Play Framework becoming unresponsive? (Possibly me

2019-07-17 02:49发布

问题:

We got a Play 1.2.5 application and we've had some problems with the application becoming unresponsive.

After setting proper memory settings for the application the problem hasn't reoccurred (a couple of days ATM) but I'd like to get idea of the actual reason and if there's some way to see it in the logs.

In our setup, we got

  • Play 1.2.5 application running on AWS (Ubuntu 12.04)
  • MySQL RDS database
  • Apache server working as a proxy (handling SSL etc).

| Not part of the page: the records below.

-- ===== src/Inodes/Lifetime.antt =====
-- How inodes come into use and go out of it.
use cs461_hw.Base.{
  ℕ, zero, suc, ◌+◌, ◌-◌, ◌^◌, ◌≡◌, ◌≢◌, ◌≤◌, ◌<◌, ◌⊎◌, ◌∙◌, refl, sym, ap, subst, fun_ext, true,
  false, Option, none, some, ◌==◌, update, update_self, update_ne, arith, Bool-cases, inl, inr,
  ℕ_discrete,
}
use cs461_hw.Blocks.{Volume, Inode, itrunc}
use cs461_hw.Inodes.{
  ninode, Dinode, Entry, Inodes, dec, is_for, iget, find_free, new_dinode, ialloc, iupdate, is_last,
  drop_ref, free_inode, iput,
}
use cs461_hw.Inodes.Cache.{IsUnique, IsSmall, Got, iget-Got, same_inode-IsUnique}

-- `itrunc` of this inode leaves that volume.
abbrev pub Truncates : Inode → Volume → Volume → Type 0
Truncates ip v v' = (ip' : Inode) × (itrunc ip v ≡ some (ip', v'))

-- What a call of `iput` leaves.
pub record Dropped (i : ℕ) (fs fs' : Inodes) : Type 0 where
  pub count : (fs'.cache i).ref + 1 ≡ (fs.cache i).ref
  pub unique : IsUnique fs'.cache
  pub others : (j : ℕ) → i ≢ j → fs'.cache j ≡ fs.cache j
  pub kept : is_last (fs.cache i) ≡ false → (fs'.dinode ≡ fs.dinode) × (fs'.volume ≡ fs.volume)
  pub freed :
      is_last (fs.cache i) ≡ true
      → ((fs'.dinode (fs.cache i).inum).kind ≡ 0)
        × ((fs'.cache i).valid ≡ false)
        × ((fs'.cache i).node.kind ≡ 0)
        × Truncates (fs.cache i).node.content fs.volume fs'.volume
        × ((n : ℕ) → (fs.cache i).inum ≢ n → fs'.dinode n ≡ fs.dinode n)

abbrev pub DroppedIn : ℕ → Inodes → Option Inodes → Type 0
DroppedIn i fs none =
    (is_last (fs.cache i) ≡ true) × (itrunc (fs.cache i).node.content fs.volume ≡ none)
DroppedIn i fs (some fs') = Dropped i fs fs'

drop_ref-IsUnique :
    (i : ℕ) (fs : Inodes)
    → i < ninode
    → IsUnique fs.cache
    → 0 < (fs.cache i).ref
    → (fs.cache i).ref < 2 ^ 31
    → IsUnique (drop_ref i fs).cache
unfolding drop_ref
drop_ref-IsUnique i fs h u p s =
    same_inode-IsUnique fs.cache i (record (fs.cache i) { ref = dec (fs.cache i).ref }) h u
      (λ d n g. ground arith)

-- What `free_inode` leaves.
record Emptied (i : ℕ) (fs fs' : Inodes) : Type 0 where
  same_inode :
      ((fs'.cache i).ref ≡ (fs.cache i).ref)
      × ((fs'.cache i).dev ≡ (fs.cache i).dev)
      × ((fs'.cache i).inum ≡ (fs.cache i).inum)
  others : (j : ℕ) → i ≢ j → fs'.cache j ≡ fs.cache j
  type_cleared : (fs'.dinode (fs.cache i).inum).kind ≡ 0
  flag_cleared : (fs'.cache i).valid ≡ false
  copy_cleared : (fs'.cache i).node.kind ≡ 0
  truncates : Truncates (fs.cache i).node.content fs.volume fs'.volume
  other_dinodes : (n : ℕ) → (fs.cache i).inum ≢ n → fs'.dinode n ≡ fs.dinode n

abbrev EmptiedIn : ℕ → Inodes → Option Inodes → Type 0
EmptiedIn i fs none = itrunc (fs.cache i).node.content fs.volume ≡ none
EmptiedIn i fs (some fs') = Emptied i fs fs'

free_inode-EmptiedIn : (i : ℕ) (fs : Inodes) → EmptiedIn i fs (free_inode i fs)
unfolding free_inode iupdate
free_inode-EmptiedIn i fs = truncated (itrunc (fs.cache i).node.content fs.volume) refl
  where
    failed : itrunc (fs.cache i).node.content fs.volume ≡ none → free_inode i fs ≡ none
    failed e = rw (e, free_inode) refl

    truncated :
        (r : Option (Inode × Volume))
        → itrunc (fs.cache i).node.content fs.volume ≡ r
        → EmptiedIn i fs (free_inode i fs)
    truncated none e = subst (EmptiedIn i fs) (sym (failed e)) e
    truncated (some (c, v)) e =
        rw (e, free_inode)
          (record {
            same_inode = (ground arith, ground arith, ground arith);
            others = λ j ne. ground arith;
            type_cleared = ground arith;
            flag_cleared = ground arith;
            copy_cleared = ground arith;
            truncates = (c, e);
            other_dinodes = λ n ne. ground arith;
          })

drop_ref-Dropped :
    (i : ℕ) (fs fs' : Inodes)
    → i < ninode
    → IsUnique fs.cache
    → 0 < (fs.cache i).ref
    → (fs.cache i).ref < 2 ^ 31
    → is_last (fs.cache i) ≡ true
    → Emptied i fs fs'
    → Dropped i fs (drop_ref i fs')
unfolding drop_ref
drop_ref-Dropped i fs fs' h u p s last e =
    let (r, d, n) = e.same_inode in
    let back = drop_ref-IsUnique i fs h u p s in
    record {
      count = ground arith;
      unique = unique;
      others = λ j ne. update_ne fs'.cache i j _ ne ∙ e.others j ne;
      kept = λ not_last. absurd (cc (sym last ∙ not_last));
      freed = λ _. (
        e.type_cleared,
        ground (arith, e.flag_cleared),
        ground (arith, e.copy_cleared),
        e.truncates,
        e.other_dinodes,
      );
    }
  where
    entry : Entry
    entry = record (fs'.cache i) { ref = dec (fs'.cache i).ref }

    entries : update fs'.cache i entry ≡ update fs.cache i entry
    entries = fun_ext λ j. elim (ℕ_discrete i j) [
      | yes ij ↦
          ap (update fs'.cache i entry) (sym ij)
          ∙ update_self fs'.cache i entry
          ∙ sym (update_self fs.cache i entry)
          ∙ ap (update fs.cache i entry) ij
      | no nj ↦
          update_ne fs'.cache i j entry nj ∙ e.others j nj ∙ sym (update_ne fs.cache i j entry nj)
    ]

    unique : IsUnique (update fs'.cache i entry)
    unique =
        let (r, d, n) = e.same_inode in
        subst IsUnique (sym entries)
          (same_inode-IsUnique fs.cache i entry h u (λ a b g. ground arith))

-- Where no other process changes the inode while `iput` has given up the lock of the cache, to truncate,
-- `iput` takes a reference away. The last one of an inode without links also clears its type, on disk
-- and in the cache, frees its blocks as `itrunc` does, and makes the cache's copy invalid; otherwise the
-- disk stays. The cache still has one entry for an inode, and nothing happens to other inodes. It panics
-- only where `itrunc` does.
pub iput-DroppedIn :
    (i : ℕ) (fs : Inodes)
    → i < ninode
    → IsUnique fs.cache
    → 0 < (fs.cache i).ref
    → (fs.cache i).ref < 2 ^ 31
    → DroppedIn i fs (iput i fs)
unfolding iput
iput-DroppedIn i fs h u p s = elim (Bool-cases (is_last (fs.cache i))) [
  | inl last ↦ rw last (emptied (free_inode i fs) (free_inode-EmptiedIn i fs) last)
  | inr more ↦ rw more (record {
    count = unfold drop_ref in ground arith;
    unique = drop_ref-IsUnique i fs h u p s;
    others = λ j ne. unfold drop_ref in update_ne fs.cache i j _ ne;
    kept = λ _. unfold drop_ref in (refl, refl);
    freed = λ last. absurd (cc (sym last ∙ more));
  })
]
  where
    emptied :
        (r : Option Inodes)
        → EmptiedIn i fs r
        → is_last (fs.cache i) ≡ true
        → DroppedIn i fs
            (elim r as (λ _. Option Inodes) [ none ↦ none | some fs' ↦ some (drop_ref i fs') ])
    emptied none e last = (last, e)
    emptied (some fs') e last = drop_ref-Dropped i fs fs' h u p s last e

-- What the loop of `ialloc` finds.
abbrev Searched : ℕ → ℕ → (ℕ → Dinode) → Option ℕ → Type 0
Searched k n dinode none = (m : ℕ) → n ≤ m → m < n + k → (dinode m).kind ≢ 0
Searched k n dinode (some m) = (n ≤ m) × (m < n + k) × ((dinode m).kind ≡ 0)

find_free-Searched : (k n : ℕ) (dinode : ℕ → Dinode) → Searched k n dinode (find_free k n dinode)
unfolding find_free
find_free-Searched zero n dinode = λ m a b. absurd (omega arith)
find_free-Searched (suc k) n dinode = elim (Bool-cases ((dinode n).kind == 0)) [
  | inl z ↦ rw z (omega arith, omega arith, ground arith)
  | inr nz ↦
      rw nz
        (later (find_free k (n + 1) dinode) (find_free-Searched k (n + 1) dinode) (ground arith))
]
  where
    later :
        (o : Option ℕ)
        → Searched k (n + 1) dinode o
        → (dinode n).kind ≢ 0
        → Searched (suc k) n dinode o
    later none h nz = λ m a b. elim (ℕ_discrete n m) [
      | yes e ↦ rw (← e) nz
      | no ne ↦ h m (omega arith) (omega arith)
    ]
    later (some m) (a, b, z) nz = (omega arith, omega arith, z)

-- What a call of `ialloc` returns and leaves.
abbrev pub Made : (dev kind : ℕ) → Inodes → Option (ℕ × Inodes) → Type 0
Made dev kind fs none =
    ((m : ℕ) → 1 ≤ m → m < fs.ninodes → (fs.dinode m).kind ≢ 0)
    ⊎ ((l : ℕ) → l < ninode → (fs.cache l).ref ≢ 0)
Made dev kind fs (some (i, fs')) =
    (inum : ℕ) × (1 ≤ inum)
    × (inum < fs.ninodes)
    × ((fs.dinode inum).kind ≡ 0)
    × (fs'.dinode ≡ update fs.dinode inum (new_dinode kind))
    × (is_for dev inum (fs'.cache i) ≡ true)
    × IsUnique fs'.cache

-- `ialloc` takes an inode that is free on disk and not inode 0, sets its type and clears the rest of
-- it, leaves all other inodes on disk, and returns a cached entry for it. It panics only if no inode is
-- free or the cache is full.
pub ialloc-Made :
    (dev kind : ℕ) (fs : Inodes)
    → IsUnique fs.cache
    → IsSmall fs.cache
    → Made dev kind fs (ialloc dev kind fs)
unfolding ialloc
ialloc-Made dev kind fs u s =
    searched (find_free (fs.ninodes - 1) 1 fs.dinode) refl
      (find_free-Searched (fs.ninodes - 1) 1 fs.dinode)
  where
    gotten :
        (inum : ℕ)
        → 1 ≤ inum
        → inum < fs.ninodes
        → (fs.dinode inum).kind ≡ 0
        → (r : Option (ℕ × Inodes))
        → Got dev inum (record fs { dinode = update fs.dinode inum (new_dinode kind) }) r
        → Made dev kind fs r
    gotten inum a b z none g = inr (λ l h. (g l h).1)
    gotten inum a b z (some (i, fs')) (lt, here, count, old, others, unique, same) =
        (inum, a, b, z, same, here, unique)

    searched :
        (o : Option ℕ)
        → find_free (fs.ninodes - 1) 1 fs.dinode ≡ o
        → Searched (fs.ninodes - 1) 1 fs.dinode o
        → Made dev kind fs (ialloc dev kind fs)
    searched none e h = rw (e, ialloc) (inl (λ m a b. h m a (omega arith)))
    searched (some inum) e (a, b, z) =
        rw (e, ialloc)
          (gotten inum a (omega arith) z
            (iget dev inum (record fs { dinode = update fs.dinode inum (new_dinode kind) }))
            (iget-Got dev inum (record fs { dinode = update fs.dinode inum (new_dinode kind) }) u
              s))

This has happened for various calls but I have an example of monitoring healthcheck with simple renderText-implementation (just 200 & "OK"). We've had these "every now and then". Application has returned responsive without booting.

Apache access log had:

  (IP addr) - - [01/Mar/2013:09:31:16 +0200] "GET /monitor/healthcheck HTTP/1.1" 502 4305 "-" "NING/1.0"

Apache error log had:

  [Fri Mar 01 09:36:16 2013] [error] [client (IP addr)] (70007)The timeout specified has expired: proxy: error reading status line from remote server localhost:8080
  [Fri Mar 01 09:36:16 2013] [error] [client (IP addr)] proxy: Error reading from remote server returned by /monitor/healthcheck

(Apache has 300s=5m proxy timeout length)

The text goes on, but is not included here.